タイトル:【共鳴】悲しい話マスター:敦賀イコ

シナリオ形態: ショート
難易度: 易しい
参加人数: 8 人
サポート人数: 0 人
リプレイ完成日時:
2011/03/17 00:01

●オープニング本文


 ロズウェル・ガーサイド(gz0252)は研究室兼自宅で火をつけていないタバコをイライラと齧りながら書類に向かっていた。
 ニートと呼称され、引きこもり生活を続けているように見えてもその実、彼の仕事は地味に多い。
 他プロジェクトチームの助っ人であったり、アシスタントであったり、試作品の評価試験であったり。
 アイツはいつでも暇だ。という暗黙の了解的な空気のせいで頼みごとが絶えないとうのもあるが、最大の原因は草刈正雄似の上司がほいほいと安請け合いした仕事を丸投げしてくることにある。
(あのオヤジ、いつか殴る。絶対殴る)
 評価試験の結果報告書作成のためにまとめた紙束を乱雑に叩き揃え、盛大に息を吐く。
 と、そこへ、山田 良子(gz0332)が入ってきた。
 ノックも無しに無遠慮に扉を開け、無言のまま部屋の隅に置かれたソファーに腰を下ろす。クッション代わりにソファーに置かれていたメロンのぬいぐるみを引き寄せるとそこに顔を埋め、一言、くぐもった声を出した。
「‥‥あの子、死んじゃったそうです」
 これまでにも何度か、自室への傍若無人な来訪を受けれているが、今回は只事ではない、とロズウェルは紙束を机に放り出し、椅子ごと向き直る。
「あの子、って」
「私を人質にした、ハーモニウムの」
「ああ」
 何で良子が落ち込んでいるのか。想像できないほどロズウェルは鈍感ではなかったし、件の報告書にも目を通していた。だが、敢えて尋ねた。
「そうしなきゃ、こっちの生徒が危なかったろ? 傭兵が素早く処理したから助かったんだ」
「それは、わかってます。傭兵さん達は間違ってない、正しいことをしたんだって。悪いのはバグアだって。バグアのせいで、みんな」
 ぬいぐるみと垂れ下がった長い髪に隠され良子の表情は窺えない。
「でも、あの子、ひとりで、あんな死に方しなきゃいけなかったなんて、それ、あんまりだなぁ‥って」
 涙で震える声。

 良くある不幸、というのもおかしな話だが、戦時下というこのご時勢。誰某が死んだという話はどこへいっても何をしていても耳にする。
 世界に不幸というものは数え切れないほどあり、その全てを救うことはまず不可能だ。その不幸をいちいち気にして悲しむことなど不毛でしかない。
 良子の言う『あの子』以上にもっと悲惨な目に遭って死んでいった人間も当然ながらたくさん存在する。
 ましてや敵兵。
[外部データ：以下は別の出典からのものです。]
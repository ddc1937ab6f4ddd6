-- ===== src/Lib.antt =====
-- A verification library of bcbchain, the application side of a block chain on Tendermint (ABCI).
-- It models the chain's own core: the layered state database, the access to it that the rest of the
-- program goes through, the delivery of blocks with their transactions and fees, and the token
-- contracts and rewards of version 1 over their own access to that state.
--
-- The parts and their files
--   Base.*     shared names, byte strings, Go maps, sorting, decimal numbers, integers, panics.
--   Db         the key-value database and the JSON encodings, which the repository does not hold:
--              records of operations with the laws that are relied on; Db.Sample meets them.
--   Statedb    statedb/*.go. Statedb.Tx is tx.go, Statedb.Snapshot is snapshot.go, Statedb.Database
--              is statedb.go and transaction.go, and Statedb.Buffer is the sorted text of a buffer.
--              Statedb.Database.Spec has the abstract state: a view and a stack of earlier views.
--   Helper     common/statedbhelper/statedbhelper.go: open transactions and their Tx by id, reads
--              and writes; Helper.Keys is statedbkey.go, Helper.Accounts the nonces and balances.
--   Deliver    abciapp/service/deliver. Deliver itself has the fees of delivertx.go, Deliver.Types
--              its data, Deliver.Blocks the rest of delivertx.go, Deliver.Edges the checks of
--              begin_block.go and commit.go. Deliver.Contracts calls a contract and forbids one, and
--              Deliver.Turns has the contracts that are called at the beginning and the end of a
--              block, with BCBeginBlock and EndBlock. What a contract answers and writes is an
--              argument, as calls leave the program through smcrunctl/adapter. Transactions and
--              hashes are read and made by other packages, which are arguments, too.
--   App        abciapp/app/application.go: dispatch to the versions and the chain version. It calls the
--              services of both versions, which are an interface there; Deliver models those of
--              version 2 for blocks and their transactions.
--   V1         abciapp_v1.0. V1.Reply has the error codes and the results, V1.Types is
--              types/types.statedb.go, V1.Keys and V1.State are statedb/statedbkey.go and
--              statedb/txstate.go, V1.Context is contract/stubapi/invokecontext.go with
--              contract/contract.go, V1.Api has the transfers of contract/smcapi/smcapi.go,
--              V1.Token is contract/tokentemplet/tokentemplet.go, and V1.Rewards has the fees and
--              the reward strategies of invokecontext.go, where division of floats is an argument.
--              V1.Byb is contract/tokenbyb: Chromos has the computations on amounts by chromo, Store
--              is its statedb.go, Receipts its receipts, and Payments, Holders and Issue its methods.
--
-- How code and model correspond. A struct is a record with the fields' names; a method takes the
-- object and returns the new one; a pointer that is only followed to another object of the same
-- call is passed as an argument. `panic` is the outcome `panicked`. Go strings and byte slices are
-- lists of bytes, in which nil and empty coincide. A Go map is an association list with each key
-- once, whose order stands for the order of a `range`. The counters of transactions (int64) are
-- numbers that grow by one for a block and are taken to stay below 2^63. `check_max_count` recurs
-- on the id that its loop counts down, and `rollback_loop` on the number of transactions, so that
-- no fuel is needed. An operation of a version 1 contract is a function on the `TxState` that returns
-- a value, an error code or a crash, with the state it leaves: a failed contract leaves its writes to
-- the caller's rollback. `sort.SearchStrings` runs on the length of its list as fuel, which is enough
-- as each round makes the range shorter. Lower case is that of ASCII.
--
-- Not modelled: the agency contract and the other contracts of version 1, the genesis block,
-- checks and queries, soft forks, hyperledger/burrow (a copy of another project),
-- the code generators and parsers of smccheck, building and running of contract containers
-- (smcbuilder, smcdocker, smcrunctl), RPC servers, command lines, logging and configuration.
pub mod Base
pub mod Db
pub mod Statedb
pub mod Helper
pub mod Deliver
pub mod App
pub mod V1
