-- ===== src/Base/Map.antt =====
-- A Go map keyed by strings: an association list with each key once. The order of the list stands
-- for an order in which `range` may visit the map; `insert` keeps a key's place.
use mathlib.Core.Path.{◌≡◌, refl}
use mathlib.Core.Option.{Option, none, some}
use mathlib.Core.List.{List, [], ◌∷◌, map}
use native.Mathlib.Omega.{arith}
use bcbchain.Base.Lists.{All, All-map}
use bcbchain.Base.Tests.{if◌then◌else◌}
use bcbchain.Base.Text.{Bytes, bytes_eq, bytes_eq_iff, bytes_eq_refl}

abbrev pub GoMap {ℓ} : Type ℓ → Type ℓ
GoMap V = List (Bytes × V)

module _ {ℓ} {V : Type ℓ} where
  -- `v, ok := m[k]`
  unfoldable pub lookup : Bytes → GoMap V → Option V
  lookup k [] = none
  lookup k ((j, v) ∷ m) = if bytes_eq j k then some v else lookup k m

  -- `m[k] = v`
  unfoldable pub insert : Bytes → V → GoMap V → GoMap V
  insert k v [] = (k, v) ∷ []
  insert k v ((j, w) ∷ m) = if bytes_eq j k then (j, v) ∷ m else (j, w) ∷ insert k v m

  -- `for k, v := range data { m[k] = v }`
  unfoldable pub insert_all : GoMap V → GoMap V → GoMap V
  unfolding insert
  insert_all [] m = m
  insert_all ((k, v) ∷ data') m = insert_all data' (insert k v m)

  -- No key is listed twice.
  abbrev pub HasUniqueKeys : GoMap V → Type ℓ
  HasUniqueKeys [] = Unit
  HasUniqueKeys ((k, v) ∷ m) = (lookup k m ≡ none) × HasUniqueKeys m

  pub lookup-insert :
      (k j : Bytes) (v : V) (m : GoMap V)
      → lookup j (insert k v m) ≡ (if bytes_eq k j then some v else lookup j m)
  unfolding lookup insert
  lookup-insert k j v [] = refl
  lookup-insert k j v ((i, w) ∷ m) =
      ground (arith, bytes_eq_iff k j, bytes_eq_iff i k, bytes_eq_iff i j, lookup-insert k j v m)

  pub insert-HasUniqueKeys :
      (k : Bytes) (v : V) (m : GoMap V) → HasUniqueKeys m → HasUniqueKeys (insert k v m)
  unfolding lookup insert
  insert-HasUniqueKeys k v [] h = (refl, tt)
  insert-HasUniqueKeys k v ((j, w) ∷ m) h = ground (
    arith,
    insert-HasUniqueKeys k v m h.1,
    lookup-insert k j v m,
    bytes_eq_iff j k,
    bytes_eq_iff k j,
  )

  -- The map that `insert_all` builds holds the new entry of a key, or else the old one.
  pub lookup-insert_all :
      (k : Bytes) (data' m : GoMap V)
      → HasUniqueKeys data'
      → lookup k (insert_all data' m)
        ≡ elim (lookup k data') [ some v ↦ some v | none ↦ lookup k m ]
  unfolding lookup insert_all
  lookup-insert_all k [] m u = refl
  lookup-insert_all k ((j, v) ∷ d) m u =
      ground
        (arith, lookup-insert_all k d (insert j v m) u.1, lookup-insert j k v m, bytes_eq_iff j k)

  pub insert_all-HasUniqueKeys :
      (data' m : GoMap V) → HasUniqueKeys m → HasUniqueKeys (insert_all data' m)
  unfolding insert_all
  insert_all-HasUniqueKeys [] m h = h
  insert_all-HasUniqueKeys ((k, v) ∷ d) m h =
      insert_all-HasUniqueKeys d (insert k v m) (insert-HasUniqueKeys k v m h)

  tail_entry :
      (k : Bytes) (v : V) (m : GoMap V)
      → lookup k m ≡ none
      → (e : Bytes × V) → lookup e.0 m ≡ some e.1
      → lookup e.0 ((k, v) ∷ m) ≡ some e.1
  unfolding lookup
  tail_entry k v m fresh e h = ground (arith, bytes_eq_iff k e.0)

  -- Every entry is the one that a lookup of its key finds.
  pub entries_found : (m : GoMap V) → HasUniqueKeys m → All (λ e. lookup e.0 m ≡ some e.1) m
  unfolding lookup
  entries_found [] u = tt
  entries_found ((k, v) ∷ m) u = (
    rw (bytes_eq_refl k),
    All-map (λ e. lookup e.0 m ≡ some e.1) (λ e. lookup e.0 ((k, v) ∷ m) ≡ some e.1) m
        (tail_entry k v m u.0) (entries_found m u.1),
  )

  -- The values of a map replaced by a function of their keys (`new[k] = f(k)` for each key).
  pub lookup-map_keys :
      (f : Bytes → V) (k : Bytes) (m : GoMap V)
      → lookup k (map (λ e. (e.0, f e.0)) m)
        ≡ elim (lookup k m) [ some v ↦ some (f k) | none ↦ none ]
  unfolding lookup
  lookup-map_keys f k [] = refl
  lookup-map_keys f k ((j, v) ∷ m) = ground (arith, bytes_eq_iff j k, lookup-map_keys f k m)

  pub map_keys-HasUniqueKeys :
      (f : Bytes → V) (m : GoMap V) → HasUniqueKeys m → HasUniqueKeys (map (λ e. (e.0, f e.0)) m)
  map_keys-HasUniqueKeys f [] u = tt
  map_keys-HasUniqueKeys f ((k, v) ∷ m) u =
      (rw (lookup-map_keys f k m, u.0), map_keys-HasUniqueKeys f m u.1)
敵兵の死を悲しむとはいったいどんな了見かと、眉を顰める者もいるだろう。
 だが、この時、ロズウェルはそんな『現実』と『正論』を口にする気にはならなかった。
『現実』だと『正論』だと、わかりきった顔をして、割り切ってあきらめて、見知った人の死にも平然としているよりは、悲しいことを悲しいと素直に泣く今の良子の方がよっぽど人間らしいだと思えたからだ。
 良子もわかっているのだ。誰かがどこかで死んで行くのがやりきれない『現実』であると。ただ、そう簡単に割り切れるものではない。おそらく彼女は、件の依頼で生徒に犠牲が出たとしても泣いただろうし、傭兵が傷ついたとしても泣いただろう。

 ロズウェルは煙草を灰皿に捨て、一言を搾り出した。
「悲しい話、だな」
「‥‥はぃ、かなし、です‥っ」
 堰が切れたように良子は声を上げて泣き出した。


「──‥悲しい話、か‥」
 極端な悲しみは長くは続かない。悲しみに打ち負かされてしまうか、それに慣れてしまうかどちらかである。
 そんな格言を思い出しながら、ロズウェルはぬいぐるみを抱えたまま、泣き疲れ寝入ってしまった良子にタオルケットをかける。
「そうやって泣けるだけ、お前はいい奴だって」

 バグアという異星からの侵略者の攻撃を受けて、これまで、人類、傭兵、兵士が我武者羅に戦い続けてきた。
 駆け足で進み続けた足もいつかは速度を緩める時が来る。
 突き進んできた道を振り返り見たその時、失ったものの大きさに押し潰されない様に、これからのためにも、どうしようもない感情を整理することも必要だろう。

「俺みてぇな‥‥泣けない馬鹿になっちゃなんねぇよ」
 悲嘆と衝動を片付けることも出来ずにしまいこみ、奥底で凍りつかせ、気がついたら失っていた。
「そんな馬鹿には、さ」
 ロズウェルは椅子に座りなおし、長いため息をついてほろ苦く笑った。



●参加者一覧

寿 源次(ga3427
30歳・♂・ST
百地・悠季(ga8270
20歳・♀・ER
桂木穣治(gb5595
37歳・♂・ER
愛梨(gb5765
16歳・♀・HD
南桐 由(gb8174
19歳・♀・FC
ファタ・モルガナ(gc0598
21歳・♀・JG
サウル・リズメリア(gc1031
21歳・♂・AA
秋月 愁矢(gc1971
20歳・♂・GD

●リプレイ本文


 一日、また、一日と春へと近づくのが感じられる早春。秋月 愁矢(gc1971)はLHの片隅にある防波堤の上に腰を下ろし、釣り糸を垂らしていた。
「ふぅ、たまの休みくらいボーっと釣りをするのも悪くない」
 春先特有の穏やかな晴天、気紛れに吹き付けてくる海風が麦藁帽子を揺らす。
 愁矢は麦藁帽子に加え、赤い長シャツの上に白ポロシャツ、ジーパン、サンダルという、どこぞの有名釣り人にそっくりな格好をしていた。本人曰く「釣りの格好といえばコレだろ?」ということだ。
 一分の隙も無い釣り人に扮し、波間に漂う浮きを眺めながら、のんびりと何もしない贅沢を満喫していた。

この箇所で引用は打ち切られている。